# Micro Adjustment of Table Saw Fence in increments as small as 0.001 inch. Demonstrated on SawStop T-Glide



## StevenWoodward (Aug 14, 2020)

Moving a table saw fence by very small amounts can be hit and miss.

With a dial indicator at the right location on the fence, I found it is easy to tap the fence and move it by 0.001 inch at a time. 

Locate the probe of dial indicator over the fence rail so that dial indicator does not change when the fence is tightened - see red circle in photo below.

A couple of times I have found this fine adjustment helpful:
1. Cutting UHMW runners to fit nicely in the miter slot for floats
2. Cutting mortise and tenon joints on table saw, to get a good fit.

For all other work I just use the measuring tape built into the fence rail.
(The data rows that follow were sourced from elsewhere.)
-- ===== src/Signaling/Dispatch.antt =====
-- internal/signaling/dispatch.go: from a text of the WebSocket to a listener. JSON and UUIDs are
-- arguments; an absent part of a message is none.
pub mod Routing
pub mod Filling
use open_friend_mc.Prelude.{
  ℕ, suc, Bool, true, false, not, ◌&&◌, ◌||◌, List, [], ◌∷◌, ◌++◌, Option, none, some, String, ◌==◌,
  comparable_string, comparable_nat, if◌then◌else◌, Bytes, codes, is_empty,
}
use text.Mathlib.Text.{starts_with}
use open_friend_mc.Prelude.Assoc.{lookup, insert, erase}
use open_friend_mc.Prelude.Text.{same_text}
use open_friend_mc.Prelude.Json.{Json, Fields, text_at}

-- `rpcMessage`; the parts but the method are raw JSON.
pub record RpcMessage : Type 0 where
  pub id : Option Bytes
  pub method : String
  pub params : Bytes
  pub outcome : Option Bytes
  pub error : Option Bytes

-- The reply in a channel of `pending`, where `closed` has none.
pub data Reply : Type 0 where
  waiting closed : Reply
  value : Bytes → Reply

-- A listener's effect on the program, and whether it panicked.
abbrev pub Listener : Type 0 → Type 0
Listener A = ℕ → Fields → A → A × Bool

pub record Decoders : Type 0 where
  pub message : Bytes → Option RpcMessage
  pub number : Bytes → Option ℕ
  pub envelopes : Bytes → Option (List Fields)
  pub payload : String → Option Fields
  pub uuid : String → Option ℕ

-- `pending` maps the ids of the calls that wait to their channels; `acknowledged` logs the calls of
-- `sendResponse`, `recovered` counts the panics that `safeCall` caught.
pub record Inbox (A : Type 0) : Type 0 where
  pub app : A
  pub pending : List (ℕ × ℕ)
  pub channels : List (ℕ × Reply)
  pub acknowledged : List Bytes
  pub recovered : ℕ

module _ {A : Type 0} (d : Decoders) (on_join on_rtc : Option (Listener A)) where
  called : A × Bool → Inbox A → Inbox A
  called (a, panicked) s = record s {
    app = a;
    recovered = if panicked then suc s.recovered else s.recovered;
  }

  -- `safeCall` of a listener that may be nil.
  unfoldable pub safe_call : Option (Listener A) → ℕ → Fields → Inbox A → Inbox A
  unfolding called
  safe_call none from payload s = s
  safe_call (some l) from payload s = called (l from payload s.app) s

  abbrev pub is_join : String → Bool
  is_join typ = starts_with typ "JOIN_" || typ == "INVITE_DECLINED"

  abbrev pub is_rtc : String → Bool
  is_rtc typ = (typ == "OFFER") || ((typ == "ANSWER") || (typ == "ICE_CANDIDATE"))

  unfoldable pub route : ℕ → Fields → Inbox A → Inbox A
  unfolding safe_call
  route from payload s =
      let typ = text_at "type" payload in
      if is_join typ
      then safe_call on_join from payload s
      else if is_rtc typ
      then safe_call on_rtc from payload s
      else s

  with_payload : ℕ → Option Fields → Inbox A → Inbox A
  unfolding route
  with_payload from none s = s
  with_payload from (some payload) s = route from payload s

  with_pmid : Fields → Option ℕ → Inbox A → Inbox A
  unfolding with_payload
  with_pmid envelope none s = s
  with_pmid envelope (some from) s = with_payload from (d.payload (text_at "Message" envelope)) s

  with_envelopes : Option (List Fields) → Inbox A → Inbox A
  unfolding with_pmid
  with_envelopes none s = s
  with_envelopes (some []) s = s
  with_envelopes (some (envelope ∷ more)) s =
      with_pmid envelope (d.uuid (text_at "From" envelope)) s

  unfoldable pub acknowledge : Option Bytes → Inbox A → Inbox A
  acknowledge none s = s
  acknowledge (some id) s =
      if not (is_empty id) && not (same_text id (codes "null"))
      then record s { acknowledged = s.acknowledged ++ id ∷ [] }
      else s

  unfoldable pub handle_receive_message : Option Bytes → Bytes → Inbox A → Inbox A
  unfolding acknowledge with_envelopes
  handle_receive_message id params s = with_envelopes (d.envelopes params) (acknowledge id s)

  unfoldable pub handle_incoming_method : RpcMessage → Inbox A → Inbox A
  unfolding handle_receive_message
  handle_incoming_method msg s =
      if msg.method == "Signaling_ReceiveMessage_v1_0"
      then handle_receive_message msg.id msg.params s
      else s

  -- The channel's reply: none where the answer is an error.
  reply_of : Option Bytes → Option Bytes → Reply
  reply_of (some error) outcome = closed
  reply_of none (some raw) = value raw
  reply_of none none = value []

  fill : ℕ → Reply → Option ℕ → Inbox A → Inbox A
  fill id reply none s = s
  fill id reply (some channel) s = record s {
    pending = erase id s.pending;
    channels = insert channel reply s.channels;
  }

  handle_reply : RpcMessage → Option ℕ → Inbox A → Inbox A
  unfolding fill reply_of
  handle_reply msg none s = s
  handle_reply msg (some id) s = fill id (reply_of msg.error msg.outcome) (lookup id s.pending) s

  abbrev given : Option Bytes → Bool
  given none = false
  given (some raw) = true

  abbrev number_of : Option Bytes → Option ℕ
  number_of none = none
  number_of (some raw) = d.number raw

  handle_decoded : Option RpcMessage → Inbox A → Inbox A
  unfolding handle_incoming_method handle_reply
  handle_decoded none s = s
  handle_decoded (some msg) s =
      if not (msg.method == "")
      then handle_incoming_method msg s
      else if given msg.id && (given msg.outcome || given msg.error)
      then handle_reply msg (number_of msg.id) s
      else s

  -- `handleMessage`
  unfoldable pub handle_message : Bytes → Inbox A → Inbox A
  unfolding handle_decoded
  handle_message raw s = handle_decoded (d.message raw) s
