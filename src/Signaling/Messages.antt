-- ===== src/Signaling/Messages.antt =====
-- internal/signaling/messages.go: the messages that peers send each other, as JSON objects.
use open_friend_mc.Prelude.{ℕ, Option, none, some, String}
use open_friend_mc.Prelude.Json.{
  Json, text, number, object, Fields, no_fields, field, at, as_text, as_number, text_at,
}

unfoldable pub join_request : String → Fields
join_request session_id =
    field "type" (text "JOIN_REQUEST") (field "sessionId" (text session_id) no_fields)

unfoldable pub offer : String → String → Fields
offer session_id sdp =
    field "type" (text "OFFER")
      (field "sessionId" (text session_id) (field "sdp" (text sdp) no_fields))

unfoldable pub join_accepted : String → Fields
join_accepted session_id =
    field "type" (text "JOIN_ACCEPTED") (field "sessionId" (text session_id) no_fields)

unfoldable pub join_rejected : String → Fields
join_rejected session_id =
    field "type" (text "JOIN_REJECTED") (field "sessionId" (text session_id) no_fields)

unfoldable pub answer : String → String → Fields
answer session_id sdp =
    field "type" (text "ANSWER")
      (field "sessionId" (text session_id) (field "sdp" (text sdp) no_fields))

pub record IceCandidatePayload : Type 0 where
  pub candidate : String
  pub sdp_mid : String
  pub sdp_mline_index : ℕ

unfoldable pub ice_candidate : String → IceCandidatePayload → Fields
ice_candidate session_id p = field "type" (text "ICE_CANDIDATE") (
    field "sessionId" (text session_id) (
      field "iceCandidate"
        (object (
          field "candidate" (text p.candidate) (
            field "sdpMid" (text p.sdp_mid)
              (field "sdpMLineIndex" (number p.sdp_mline_index) no_fields))))
        no_fields))

-- `if v, ok := m["sdpMid"].(string); ok`, else "0".
abbrev mid_of : Option Json → String
mid_of (some (text v)) = v
mid_of (some value) = "0"
mid_of none = "0"

candidate_of : Option Json → Option IceCandidatePayload
candidate_of (some (object m)) = some (record {
  candidate = as_text (at "candidate" m);
  sdp_mid = mid_of (at "sdpMid" m);
  sdp_mline_index = as_number (at "sdpMLineIndex" m);
})
candidate_of (some value) = none
candidate_of none = none

unfoldable pub parse_ice_candidate : Fields → Option IceCandidatePayload
unfolding candidate_of at
parse_ice_candidate payload = candidate_of (at "iceCandidate" payload)

unfoldable pub get_session_id : Fields → String
unfolding text_at
get_session_id payload = text_at "sessionId" payload

unfoldable pub get_sdp : Fields → String
unfolding text_at
get_sdp payload = text_at "sdp" payload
The table saw cut usually gets run over the jointer anyway.

Video Demonstration:


----------



## GeorgeC (Jul 30, 2008)

I cannot imagine why anyone would want to do that. Waste of good working time for no reason.

George


----------



## JayArr (Sep 18, 2018)

My tools all have more than .001" wobble in the bearings and bushings LOL but if you need accuracy this would help. I noticed Incra sells some fences that have a similar fine adjustment built in but I can't imagine building anything that needs to be more accurate than 1/32nd.


----------



## TomCT2 (May 16, 2014)

...be more accurate than 1/32nd. ...

true. but when you do a set up for 5-13/32 
- and it cuts at 5-12/32, 
moving the fence 1/32 is still necessary....


----------



## Tool Agnostic (Aug 13, 2017)

Brilliantly simple jig. I like it. So easy to make. Nice idea, @StevenWoodward!

I would find a few uses for it - like making box joint jigs. See William Ng's box joint jig making video. (Thanks @woodnthings!) William Ng uses a caliper and measures in thousandths:
https://www.youtube.com/watch?v=NutwD7B6tmE


----------



## ToolsOnaWall (Apr 8, 2020)

I'll be using the idea of using dial indicator to make small adjustments. I may not need 0.001" tolerance but I can see it working for my needs. Good tip to measure near the front clamp.


----------



## allpurpose (Mar 24, 2016)

Also probably good for making small adjustments to a dado cut without fiddling around all day with very thin shims that may or may not get chewed up by arbor threads..


----------



## Bob Bengal (Jan 2, 2021)

I don't have much bandwidth. Are the yellow things with black knobs magnetic?


----------



## Dave Mills (Dec 4, 2019)

Bob Bengal said:


> I don't have much bandwidth. Are the yellow things with black knobs magnetic?


Yes, those are called MagSwitches (Mag-Tools - One stop shop for Industrial Products & Tools) and are very handy for holding things in place as long as the surface is ferrous


----------